Una mano me sacó de este estado de felicidad agarrándome por la pierna. Me volví sobre mí misma, lánguida. ¿Era Lúmino? No podía verlo. Así que mi plan había fracasado y los dos moriríamos al tocar el suelo. Él volvería a la vida. Yo no.

Alargué los brazos y le ofrecí las manos. Esta vez las cogió, vaciló un instante y luego me atrajo hacia sí y me rodeó con los brazos. Me relajé contra su cálida solidez, arrullada por el viento. Bien. Al menos no moriría sola.

Como tenía la oreja apoyada sobre su pecho, sentí que se ponía tenso de pronto y oí que un brusco jadeo escapaba de sus labios. Su corazón palpitó con fuerza una vez, contra mi mejilla. Y entonces…

«Luz».

¡Qué brillante, por los Tres! A mi alrededor, por todas partes. Cerré los ojos pero seguí viendo la forma flamígera de Lúmino frente a mí, expulsando la oscuridad de mi visión. Podía sentirlo contra mi piel, como la presión de los rayos del sol. Caíamos a plomo hacia la tierra, como cosas que había imaginado pero nunca había podido ver con mis propios ojos. Como un cometa. Como una estrella fugaz.
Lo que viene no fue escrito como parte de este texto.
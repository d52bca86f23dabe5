-- ===== src/Loans/Settings.antt =====
-- The loan rules (src/repository/loans/settings.rs): `resolve_loan_settings` and the rows of
-- `loans_settings`, with the renewal policy of src/models/loan.rs.
pub mod Precedence
pub mod Upsert
use elidune_server.Prelude.{
  ℕ, String, str_eq, Bool, true, false, ◌&&◌, Option, none, some, List, [], ◌∷◌, ◌++◌, ◌==◌,
  if◌then◌else◌, unwrap_or, or_else, and_then, is_none,
}
use elidune_server.Prelude.Int.{ℤ, pos}
use elidune_server.Prelude.Table.{select_first, exists_where, update_where}
use elidune_server.Db.{Db, LoanSettingsRow}

pub data LoanSettingsRenewAt : Type 0 where
  now at_due_date : LoanSettingsRenewAt

pub as_db_str : LoanSettingsRenewAt → String
as_db_str now = "now"
as_db_str at_due_date = "at_due_date"

unfoldable pub renew_at_from_str : String → LoanSettingsRenewAt
renew_at_from_str s = if str_eq s "at_due_date" then at_due_date else now

pub record Resolved : Type 0 where
  pub duration : ℤ
  pub nb_max_media : ℤ
  pub nb_max_total : ℤ
  pub nb_renews : ℤ
  pub renew_at : LoanSettingsRenewAt

-- `media_type = $1`, which is not true of a null
abbrev pub is_for : String → LoanSettingsRow → Bool
is_for mt r = elim r.media_type [ none ↦ false | some m ↦ str_eq m mt ]

-- `media_type IS NULL`
abbrev pub is_default : LoanSettingsRow → Bool
is_default r = is_none r.media_type

abbrev pub row_of : Option (ℕ × LoanSettingsRow) → Option LoanSettingsRow
row_of none = none
row_of (some (pt, r)) = some r

-- The four rows that may speak, from the most specific to the most general.
abbrev pub ptls_spec : Option ℕ → Option String → Db → Option LoanSettingsRow
ptls_spec (some pt) (some mt) db =
    row_of (select_first (λ r. (r.0 == pt) && is_for mt r.1) db.public_type_loan_settings)
ptls_spec none mt db = none
ptls_spec (some pt) none db = none

abbrev pub ptls_default : Option ℕ → Db → Option LoanSettingsRow
ptls_default (some pt) db =
    row_of (select_first (λ r. (r.0 == pt) && is_default r.1) db.public_type_loan_settings)
ptls_default none db = none

abbrev pub ls_spec : Option String → Db → Option LoanSettingsRow
ls_spec (some mt) db = select_first (is_for mt) db.loans_settings
ls_spec none db = none

abbrev pub ls_default : Db → Option LoanSettingsRow
ls_default db = select_first is_default db.loans_settings

abbrev pub field_of :
    {A : Type 0} → (LoanSettingsRow → Option A) → Option LoanSettingsRow → Option A
field_of f row = and_then row f

abbrev pub pick_renew : Option LoanSettingsRow → Option LoanSettingsRenewAt
pick_renew row = elim (field_of (λ r. r.renew_at) row) [
  | none ↦ none
  | some s ↦ some (renew_at_from_str s)
]

unfoldable pub resolve_loan_settings : Option ℕ → Option String → Db → Resolved
unfolding renew_at_from_str
resolve_loan_settings user_public_type media_type db =
    let p_spec = ptls_spec user_public_type media_type db in
    let p_default = ptls_default user_public_type db in
    let l_spec = ls_spec media_type db in
    let l_default = ls_default db in
    record {
      duration = unwrap_or (pos 21) (
          or_else (field_of (λ r. r.duration) p_spec) (
            or_else (field_of (λ r. r.duration) p_default) (
              or_else (field_of (λ r. r.duration) l_spec) (field_of (λ r. r.duration) l_default))));
      nb_max_media =
          unwrap_or (pos 5)
            (or_else (field_of (λ r. r.nb_max) p_spec) (field_of (λ r. r.nb_max) l_spec));
      nb_max_total =
          unwrap_or (pos 5)
            (or_else (field_of (λ r. r.nb_max) p_default) (field_of (λ r. r.nb_max) l_default));
      nb_renews = unwrap_or (pos 2) (
          or_else (field_of (λ r. r.nb_renews) p_spec) (
            or_else (field_of (λ r. r.nb_renews) p_default) (
              or_else (field_of (λ r. r.nb_renews) l_spec)
                (field_of (λ r. r.nb_renews) l_default))));
      renew_at = unwrap_or now (
          or_else (pick_renew p_spec)
            (or_else (pick_renew p_default) (or_else (pick_renew l_spec) (pick_renew l_default))));
    }

abbrev pub speaks_for : Option String → LoanSettingsRow → Bool
speaks_for none = is_default
speaks_for (some mt) = is_for mt

abbrev set_rule : ℤ → ℤ → ℤ → LoanSettingsRenewAt → LoanSettingsRow → LoanSettingsRow
set_rule nb_max nb_renews duration renew_at r = record r {
  nb_max = some nb_max;
  nb_renews = some nb_renews;
  duration = some duration;
  renew_at = some (as_db_str renew_at);
}

abbrev new_rule : Option String → ℤ → ℤ → ℤ → LoanSettingsRenewAt → LoanSettingsRow
new_rule media_type nb_max nb_renews duration renew_at = record {
  media_type = media_type;
  nb_max = some nb_max;
  nb_renews = some nb_renews;
  duration = some duration;
  renew_at = some (as_db_str renew_at);
}

-- An update, and an insert if it met no row.
pub loans_settings_upsert_row :
    Option String → ℤ → ℤ → ℤ → LoanSettingsRenewAt → List LoanSettingsRow → List LoanSettingsRow
unfolding as_db_str
loans_settings_upsert_row media_type nb_max nb_renews duration renew_at rows =
    if exists_where (speaks_for media_type) rows
    then update_where (speaks_for media_type) (set_rule nb_max nb_renews duration renew_at) rows
    else rows ++ new_rule media_type nb_max nb_renews duration renew_at ∷ []

pub record LoanSettingsDto : Type 0 where
  pub media_type : Option String
  pub max_loans : ℤ
  pub max_renewals : ℤ
  pub duration_days : ℤ
  pub renew_at : LoanSettingsRenewAt

upsert_all : List LoanSettingsDto → List LoanSettingsRow → List LoanSettingsRow
unfolding loans_settings_upsert_row
upsert_all [] rows = rows
upsert_all (s ∷ ss) rows = upsert_all ss (
    loans_settings_upsert_row s.media_type s.max_loans s.max_renewals s.duration_days s.renew_at
      rows)

-- `LoansService::update_global_loan_settings`, up to the reading of the result: all rows are
-- deleted first.
pub update_global_loan_settings : Option (List LoanSettingsDto) → Db → Db
unfolding upsert_all
update_global_loan_settings none db = record db { loans_settings = [] }
update_global_loan_settings (some settings) db = record db {
  loans_settings = upsert_all settings [];
}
Nuestro descenso se aminoró. El rugido del viento se hizo más suave. Algo había revertido la fuerza de la gravedad. ¿Estábamos volando? Flotábamos. ¿Cuánto habíamos caído y cuánta distancia nos separaba del suelo? ¿Cuánto faltaba hasta que se ocultara el sol y…?

Lúmino gritó. Su luz se esfumó, de repente, y con ella la fuerza que nos había mantenido en el aire. Volvimos a caer, impotentes, sin que nada pudiera detenernos ya.

No sentía miedo.

Pero Lúmino estaba haciendo algo. Intentaba girar entre jadeos, debidos al esfuerzo o al agotamiento que le había provocado el uso de la magia. Sentí que dábamos la vuelta en el aire…

Y entonces, chocamos contra el suelo.